Study highlights increased risk of second cancer among breast cancer survivors

By Staff 6 Min Read

  • Having had breast cancer increases women’s as well as men’s risk of a second cancer later by around 25%, according to research.
  • In addition, a new study reports that female survivors of breast cancer are 87% more likely to develop endometrial cancer than their peers while male survivors are 62% more likely to develop pancreatic cancer.
  • The age of cancer diagnosis appears to affect second cancer risk, especially for women, as does economic status.

Having breast cancer increases the risk of certain secondary cancers later in life by a significant margin, according to a new study published in The Lancet Regional Health journal.

In it, researchers from the University of Cambridge in England report that women with a history of breast cancer had an 87% higher risk of endometrial cancer, a 58% higher risk of myeloid leukemia, a 25% higher risk of ovarian cancer, and an 18% higher risk of pancreatic cancer.

Male survivors of breast cancer had a 62% higher risk of pancreatic cancer, a 31% higher risk of myeloid leukemia, and a 17% higher risk of colorectal cancer than their peers who hadn’t had cancer.

Male breast cancer is rare, with male survivors making up just 3,562 of the study cohort compared to 581,403 female cancer survivors in the study period between 1995 and 2019.

In the past, researchers have reported that women and men who survive breast cancer are 24% and 27% more likely to develop a second cancer compared to those who’ve never had breast cancer.

“It’s not always known why some cancer survivors develop a secondary unrelated cancer,” said Dr. Luke Chen, a medical oncologist and hematologist at City of Hope Orange County in California who was not involved in the study.

“We do know that radiation therapy for one form of cancer can put some people at higher risk for developing a second cancer, such as several types of leukemia,” Chen told Medical News Today. “Certain kinds of chemotherapy have also been linked with second cancers such as myelodysplastic syndrome, acute myelogenous leukemia, and acute lymphocytic leukemia.”

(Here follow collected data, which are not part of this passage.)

-- ===== src/Filesystem/Files/Copies.antt =====
-- The name of a copy and its charge, in server/filesystem/filesystem.go.
use feathers.Prelude.{
  ℕ, ◌+◌, ◌≤◌, ◌<◌, ◌≡◌, refl, sym, ap, ◌∙◌, inl, inr, Bool, true, false, not, ◌&&◌, Option, none,
  some, [], ◌∷◌, ◌++◌, arith, Bool-cases, if◌then◌else◌, zero, suc, reverse, ◌==◌, drop,
}
use mathlib.Core.List.{append_assoc, reverse-append, reverse-cons, reverse-reverse, append-nil}
use feathers.Prelude.Text.{Text, codes, text_eq, has_prefix, has_prefix_sound}
use feathers.Filesystem.Files.{
  Node, Volume, Reader, Calls, lookup, copy, copy_node, copy_file, copy_named, find_copy_suffix,
  next_name, copy_suffix, stat_in, is_there, split_name, split_extension, split_reversed, file,
  directory, stat_failed,
}
use feathers.Filesystem.Files.Charges.{
  Charged, copy_into-Charged, either_charged, total, max_size, unless_full-Charged,
}

next_name_free :
    (stat : Text → Option Bool) (o : Option Bool) (m n : Text) (rest : Option Text)
    → stat m ≡ o
    → (o ≡ some true → rest ≡ some n → stat n ≡ some false)
    → next_name o m rest ≡ some n
    → stat n ≡ some false
unfolding next_name
next_name_free stat none m n rest q later e = cc
next_name_free stat (some false) m n rest q later e = cc
next_name_free stat (some true) m n rest q later e = later refl e

-- The name that is found, where one of those that are tried is free, is free.
find_copy_suffix_free :
    (stat : Text → Option Bool) (now name ext : Text) (i rounds k : ℕ) (n : Text)
    → k < rounds
    → stat (name ++ copy_suffix (i + k) ++ ext) ≡ some false
    → find_copy_suffix stat now name ext i rounds ≡ some n
    → stat n ≡ some false
unfolding find_copy_suffix
find_copy_suffix_free stat now name ext i zero k n h free e = absurd (omega (arith, h))
find_copy_suffix_free stat now name ext i (suc rounds) zero n h free e =
    next_name_free stat (stat (name ++ copy_suffix i ++ ext)) (name ++ copy_suffix i ++ ext) n
      (find_copy_suffix stat now name ext (i + 1) rounds) refl (λ there later. absurd (taken there))
      e
  where
    taken : stat (name ++ copy_suffix i ++ ext) ≡ some true → ⊥
    taken there =
        let same : i + 0 ≡ i = omega arith in
        let gone = ap (λ j. stat (name ++ copy_suffix j ++ ext)) same in cc
find_copy_suffix_free stat now name ext i (suc rounds) (suc k) n h free e =
    let shift : i + suc k ≡ i + 1 + k = omega arith in
    let m = name ++ copy_suffix i ++ ext in
    next_name_free stat (stat m) m n (find_copy_suffix stat now name ext (i + 1) rounds) refl
      (λ there later.
        find_copy_suffix_free stat now name ext (i + 1) rounds k n (omega (arith, h))
          (ap (λ j. stat (name ++ copy_suffix j ++ ext)) (sym shift) ∙ free) later)
      e

back : (c : ℕ) (cs acc : Text) → reverse cs ++ (c ∷ acc) ≡ reverse (c ∷ cs) ++ acc
back c cs acc =
    sym (ap (λ r. r ++ acc) (reverse-cons c cs) ∙ append_assoc (reverse cs) (c ∷ []) acc)

split_reversed_parts :
    (acc cs : Text)
    → reverse (split_reversed acc cs).0 ++ (split_reversed acc cs).1 ≡ reverse cs ++ acc
unfolding split_reversed
split_reversed_parts acc [] = refl
split_reversed_parts acc (c ∷ cs) = elim (Bool-cases (c == b'.')) [
  | inl dot ↦ rw dot (back c cs acc)
  | inr plain ↦ rw plain (split_reversed_parts (c ∷ acc) cs ∙ back c cs acc)
]

split_extension_parts :
    (name : Text) → reverse (split_extension name).0 ++ (split_extension name).1 ≡ name
unfolding split_extension
split_extension_parts name =
    let parts = split_reversed_parts [] (reverse name) in
    let (base, ext) = split_reversed [] (reverse name) in
    elim (Bool-cases (text_eq base [] && not (has_prefix ext (codes ".")))) [
      | inl none_ ↦ rw none_ (append-nil (reverse (reverse name)) ∙ reverse-reverse name)
      | inr dotted ↦ rw dotted (parts ∙ append-nil (reverse (reverse name)) ∙ reverse-reverse name)
    ]

-- The base and the extension that a name is taken apart into make up the name.
split_name_parts : (name : Text) → (split_name name).0 ++ (split_name name).1 ≡ name
unfolding split_name
split_name_parts name =
    let parts = split_extension_parts name in
    let (base, ext) = split_extension name in
    elim (Bool-cases (has_prefix base (codes "rat."))) [
      | inl tar ↦
          let whole = has_prefix_sound base (codes "rat.") tar in
          let rest = drop 4 base in
          rw tar (
            sym (append_assoc (reverse rest) (codes ".tar") ext)
            ∙ ap (λ l. l ++ ext) (sym (reverse-append (codes "rat.") rest) ∙ ap reverse (sym whole))
            ∙ parts)
      | inr other ↦ rw other parts
    ]

there_free : (o : Option Node) → is_there o ≡ false → o ≡ none
there_free none h = refl
there_free (some n) h = cc

stat_in_free :
    (dir : Text) (broken : Text → Bool) (v : Volume) (n : Text)
    → stat_in dir broken v n ≡ some false
    → lookup (dir ++ n) v.entries ≡ none
unfolding stat_in
stat_in_free dir broken v n h = elim (Bool-cases (broken n)) [
  | inl fails ↦ absurd (fails_not (broken n) (is_there (lookup (dir ++ n) v.entries)) fails h)
  | inr works ↦
      there_free (lookup (dir ++ n) v.entries)
        (answered (broken n) (is_there (lookup (dir ++ n) v.entries)) works h)
]
  where
    fails_not : (b c : Bool) → b ≡ true → (if b then none else some c) ≡ some false → ⊥
    fails_not true c e h = cc
    fails_not false c e h = cc

    answered : (b c : Bool) → b ≡ false → (if b then none else some c) ≡ some false → c ≡ false
    answered true c e h = cc
    answered false c e h = cc

module _ (dir name now : Text) (broken : Text → Bool) (r : Reader) (calls : Calls) (v : Volume)
    (ch : Charged v) where
  copy_named-Charged :
      (o : Option Text) (c : ℕ)
      → ((n : Text) → o ≡ some n → lookup (dir ++ n) v.entries ≡ none)
      → total v.entries + r.bytes ≤ max_size
      → Charged (copy_named dir o r c calls v).0
  unfolding copy_named
  copy_named-Charged none c free h = ch
  copy_named-Charged (some n) c free h =
      copy_into-Charged (dir ++ n) r calls v ch c (lookup (dir ++ n) v.entries) (free n refl) refl h

  copy_node-Charged :
      (o : Option Node) (k : ℕ)
      → k < 51
      → stat_in dir broken v ((split_name name).0 ++ copy_suffix k ++ (split_name name).1)
        ≡ some false
      → total v.entries + r.bytes ≤ max_size
      → Charged (copy_node dir name now broken r calls o v).0
  unfolding copy_node copy_file
  copy_node-Charged none k few free h = ch
  copy_node-Charged (some directory) k few free h = ch
  copy_node-Charged (some (file c)) k few free h =
      let (base, ext) = split_name name in
      let stat = stat_in dir broken v in
      let first : 0 + k ≡ k = omega arith in
      unless_full-Charged dir r calls v ch _ _ (
        copy_named-Charged (find_copy_suffix stat now base ext 0 51) c
          (λ n found. stat_in_free dir broken v n (
            find_copy_suffix_free stat now base ext 0 51 k n few
              (ap (λ j. stat (base ++ copy_suffix j ++ ext)) first ∙ free) found))
          h)

-- Copying keeps the usage of a volume equal to the size of its files, whatever the system answers at each
-- call, where one of the 51 names that are tried is free and all sizes stay int64: a copy is charged with
-- exactly what was written into it.
pub copy-Charged :
    (dir name now : Text) (broken : Text → Bool) (r : Reader) (calls : Calls) (v : Volume) (k : ℕ)
    → Charged v
    → k < 51
    → stat_in dir broken v ((split_name name).0 ++ copy_suffix k ++ (split_name name).1)
      ≡ some false
    → total v.entries + r.bytes ≤ max_size
    → Charged (copy dir name now broken r calls v).0
unfolding copy
copy-Charged dir name now broken r calls v k ch few free h =
    let done = copy_node dir name now broken r calls (lookup (dir ++ name) v.entries) v in
    either_charged (not calls.stat) (v, some stat_failed) done ch
      (copy_node-Charged dir name now broken r calls v ch (lookup (dir ++ name) v.entries) k few
        free h)

-- The name of a copy keeps the base and the extension of the name, with a suffix between them: the two parts
-- make up the name, ".tar" counts to the extension, and a copy that has one of the 51 suffixes is free.
pub copy_names :
    (stat : Text → Option Bool) (now name : Text) (k : ℕ) (n : Text)
    → k < 51
    → stat ((split_name name).0 ++ copy_suffix k ++ (split_name name).1) ≡ some false
    → find_copy_suffix stat now (split_name name).0 (split_name name).1 0 51 ≡ some n
    → ((split_name name).0 ++ (split_name name).1 ≡ name) × (stat n ≡ some false)
copy_names stat now name k n few free found =
    let first : 0 + k ≡ k = omega arith in
    let (base, ext) = split_name name in
    (
      split_name_parts name,
      find_copy_suffix_free stat now base ext 0 51 k n few
          (ap (λ j. stat (base ++ copy_suffix j ++ ext)) first ∙ free) found,
    )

The new study also found differences in second cancer risk relative to the age someone had cancer the first time. For instance, women diagnosed with breast cancer before age 50 were 86% more likely to develop a second primary cancer compared to their peers, whereas those diagnosed with breast cancer after age 50 only had a 17% increased risk of a second primary cancer.

This could be because younger female breast cancer cases are more likely to occur in women genetically predisposed to be at higher risk, the study authors stated.

“Secondary malignancies in cancer are unfortunately not a new discovery,” said Dr. Daniel Landau, a hematologist/oncologist and expert contributor for The Mesothelioma Center who wasn’t involved in the study.

“Many cancers are known to have associations with other cancers later on,” Landau explained to Medical News Today. “Breast cancer is one of these cancers. This could occur for a number of different reasons. Many cancers have a genetic link to them. For instance, people who have BRCA mutations are prone to breast cancer. But that same gene always raises the risk of other cancers such as ovarian cancer and prostate cancer.”

Experts said the new study was high quality, although further research will be necessary to confirm the findings.

“This particular study is a retrospective analysis where large amounts of data are examined. These studies are great for looking for associations and trends, but in order to more directly prove an association, we often favor prospective studies,” Landau said. “Instead of looking backward, we take patients and follow them forward so we can study what happens over time. Still, given how many patients were included in the study, we do believe the association exists.”

The researchers also found an increased risk of second cancer among breast cancer survivors can depend on socioeconomic factors.

The most socioeconomically deprived quintile in the study had a 35% higher risk of second primary cancer than the least socioeconomically deprived, the researchers reported.

“The study’s finding linking socioeconomic factors to a higher risk of cancer recurrence is concerning but not surprising,” Chen said. “Lack of access to breast cancer resources is an all too common occurrence in underserved communities, including those in the United States… As a cancer specialist, I view advocacy for equitable access to lifesaving breast cancer screenings, treatment, and education as an important part of my job.”

The United Kingdom has a universal healthcare system that increases access, but there, like in the United States, socioeconomic status is often also an indicator of a higher prevalence of lifestyle factors that could lead to greater cancer risk, such as smoking cigarettes and obesity.

“The lifestyle factors known to contribute to decreasing a person’s risk of developing a first cancer also apply to decreasing the risk of a secondary cancer,” Chen said. “This includes maintaining a healthy weight, not smoking, not drinking too much alcohol, eating a healthy diet, and exercising regularly.”